Collected data
.....
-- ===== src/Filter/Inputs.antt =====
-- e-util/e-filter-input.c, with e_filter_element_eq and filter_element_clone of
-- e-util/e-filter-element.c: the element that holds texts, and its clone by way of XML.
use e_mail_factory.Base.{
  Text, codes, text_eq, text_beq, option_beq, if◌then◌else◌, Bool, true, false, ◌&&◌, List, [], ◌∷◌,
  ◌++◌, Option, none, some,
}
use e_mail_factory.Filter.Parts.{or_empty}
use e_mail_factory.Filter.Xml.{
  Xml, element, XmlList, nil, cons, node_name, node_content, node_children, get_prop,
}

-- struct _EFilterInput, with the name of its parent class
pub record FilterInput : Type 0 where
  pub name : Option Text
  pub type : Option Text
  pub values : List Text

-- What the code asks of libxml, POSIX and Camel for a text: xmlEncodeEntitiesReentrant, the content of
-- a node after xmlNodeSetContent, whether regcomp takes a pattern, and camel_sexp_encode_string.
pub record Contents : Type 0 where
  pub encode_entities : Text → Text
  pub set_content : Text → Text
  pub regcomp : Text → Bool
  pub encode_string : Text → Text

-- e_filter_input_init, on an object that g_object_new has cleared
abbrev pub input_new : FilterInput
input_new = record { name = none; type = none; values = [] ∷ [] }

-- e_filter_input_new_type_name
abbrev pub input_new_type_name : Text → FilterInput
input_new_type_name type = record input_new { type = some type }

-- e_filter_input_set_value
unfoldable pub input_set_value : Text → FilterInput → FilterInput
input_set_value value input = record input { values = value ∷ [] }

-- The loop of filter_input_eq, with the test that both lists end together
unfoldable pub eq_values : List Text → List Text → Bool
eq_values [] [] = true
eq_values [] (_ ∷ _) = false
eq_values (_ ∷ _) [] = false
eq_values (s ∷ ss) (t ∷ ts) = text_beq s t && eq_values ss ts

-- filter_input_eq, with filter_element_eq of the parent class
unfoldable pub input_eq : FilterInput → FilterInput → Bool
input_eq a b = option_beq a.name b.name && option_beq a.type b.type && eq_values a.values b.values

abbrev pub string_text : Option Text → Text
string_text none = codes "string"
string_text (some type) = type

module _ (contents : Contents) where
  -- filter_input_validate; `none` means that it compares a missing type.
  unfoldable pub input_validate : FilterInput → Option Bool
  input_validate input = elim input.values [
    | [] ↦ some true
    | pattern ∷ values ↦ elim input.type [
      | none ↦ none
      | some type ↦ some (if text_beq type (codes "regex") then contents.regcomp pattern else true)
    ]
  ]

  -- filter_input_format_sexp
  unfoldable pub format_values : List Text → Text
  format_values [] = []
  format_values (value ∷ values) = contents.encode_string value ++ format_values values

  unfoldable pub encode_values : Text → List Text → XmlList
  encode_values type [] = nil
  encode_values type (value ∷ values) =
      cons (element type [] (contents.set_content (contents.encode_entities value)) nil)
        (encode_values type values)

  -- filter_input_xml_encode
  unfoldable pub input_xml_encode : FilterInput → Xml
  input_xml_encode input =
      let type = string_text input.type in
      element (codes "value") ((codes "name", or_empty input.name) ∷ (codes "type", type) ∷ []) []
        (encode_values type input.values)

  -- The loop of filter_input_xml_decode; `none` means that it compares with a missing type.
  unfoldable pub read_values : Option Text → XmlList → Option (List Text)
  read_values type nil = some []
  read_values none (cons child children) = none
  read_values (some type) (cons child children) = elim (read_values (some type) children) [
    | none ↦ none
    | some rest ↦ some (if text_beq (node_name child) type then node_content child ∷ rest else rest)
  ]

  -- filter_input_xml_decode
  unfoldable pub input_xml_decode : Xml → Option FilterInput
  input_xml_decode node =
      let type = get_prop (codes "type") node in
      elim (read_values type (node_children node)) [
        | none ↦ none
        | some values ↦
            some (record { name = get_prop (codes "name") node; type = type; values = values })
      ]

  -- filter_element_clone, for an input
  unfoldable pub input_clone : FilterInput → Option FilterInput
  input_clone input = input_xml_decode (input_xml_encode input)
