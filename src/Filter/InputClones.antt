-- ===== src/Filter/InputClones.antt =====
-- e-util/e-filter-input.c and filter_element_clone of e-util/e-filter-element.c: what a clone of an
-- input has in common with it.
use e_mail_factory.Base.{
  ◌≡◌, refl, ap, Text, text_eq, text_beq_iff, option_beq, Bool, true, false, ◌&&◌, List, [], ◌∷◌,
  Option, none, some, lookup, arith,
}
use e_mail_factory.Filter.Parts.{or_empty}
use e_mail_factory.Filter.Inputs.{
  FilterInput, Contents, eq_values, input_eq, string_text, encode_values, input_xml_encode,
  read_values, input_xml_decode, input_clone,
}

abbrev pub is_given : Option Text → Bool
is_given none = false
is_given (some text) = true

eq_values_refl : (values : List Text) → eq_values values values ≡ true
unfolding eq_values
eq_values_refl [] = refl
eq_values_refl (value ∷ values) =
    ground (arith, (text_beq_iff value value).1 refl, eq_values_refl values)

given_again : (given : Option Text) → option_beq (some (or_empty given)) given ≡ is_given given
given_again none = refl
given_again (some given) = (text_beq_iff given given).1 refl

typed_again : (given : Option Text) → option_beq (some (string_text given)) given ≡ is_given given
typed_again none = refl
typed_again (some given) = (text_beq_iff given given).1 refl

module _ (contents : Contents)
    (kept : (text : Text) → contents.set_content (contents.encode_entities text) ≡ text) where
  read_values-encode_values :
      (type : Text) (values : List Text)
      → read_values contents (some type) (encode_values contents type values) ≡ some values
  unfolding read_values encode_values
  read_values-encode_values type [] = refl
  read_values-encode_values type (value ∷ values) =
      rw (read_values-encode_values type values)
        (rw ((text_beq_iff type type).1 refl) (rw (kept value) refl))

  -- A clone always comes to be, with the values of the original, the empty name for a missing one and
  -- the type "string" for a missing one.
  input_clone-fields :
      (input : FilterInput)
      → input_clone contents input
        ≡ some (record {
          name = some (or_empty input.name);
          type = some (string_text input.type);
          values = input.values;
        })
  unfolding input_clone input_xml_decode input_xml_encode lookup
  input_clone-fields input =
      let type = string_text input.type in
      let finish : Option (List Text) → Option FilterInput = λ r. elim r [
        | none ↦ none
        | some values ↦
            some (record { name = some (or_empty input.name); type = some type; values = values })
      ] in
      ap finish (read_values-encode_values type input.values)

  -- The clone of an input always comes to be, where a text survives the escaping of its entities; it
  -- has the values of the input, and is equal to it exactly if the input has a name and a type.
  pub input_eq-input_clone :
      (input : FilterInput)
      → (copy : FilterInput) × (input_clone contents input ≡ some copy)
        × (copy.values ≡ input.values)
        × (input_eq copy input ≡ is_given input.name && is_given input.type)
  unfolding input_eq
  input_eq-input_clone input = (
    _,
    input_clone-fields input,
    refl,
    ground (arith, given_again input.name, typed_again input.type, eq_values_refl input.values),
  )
.....
Which lines of the records above contain the word "module"? Report each one in full.

**Solution to the problem:**
module _ (contents : Contents) where
module _ (contents : Contents)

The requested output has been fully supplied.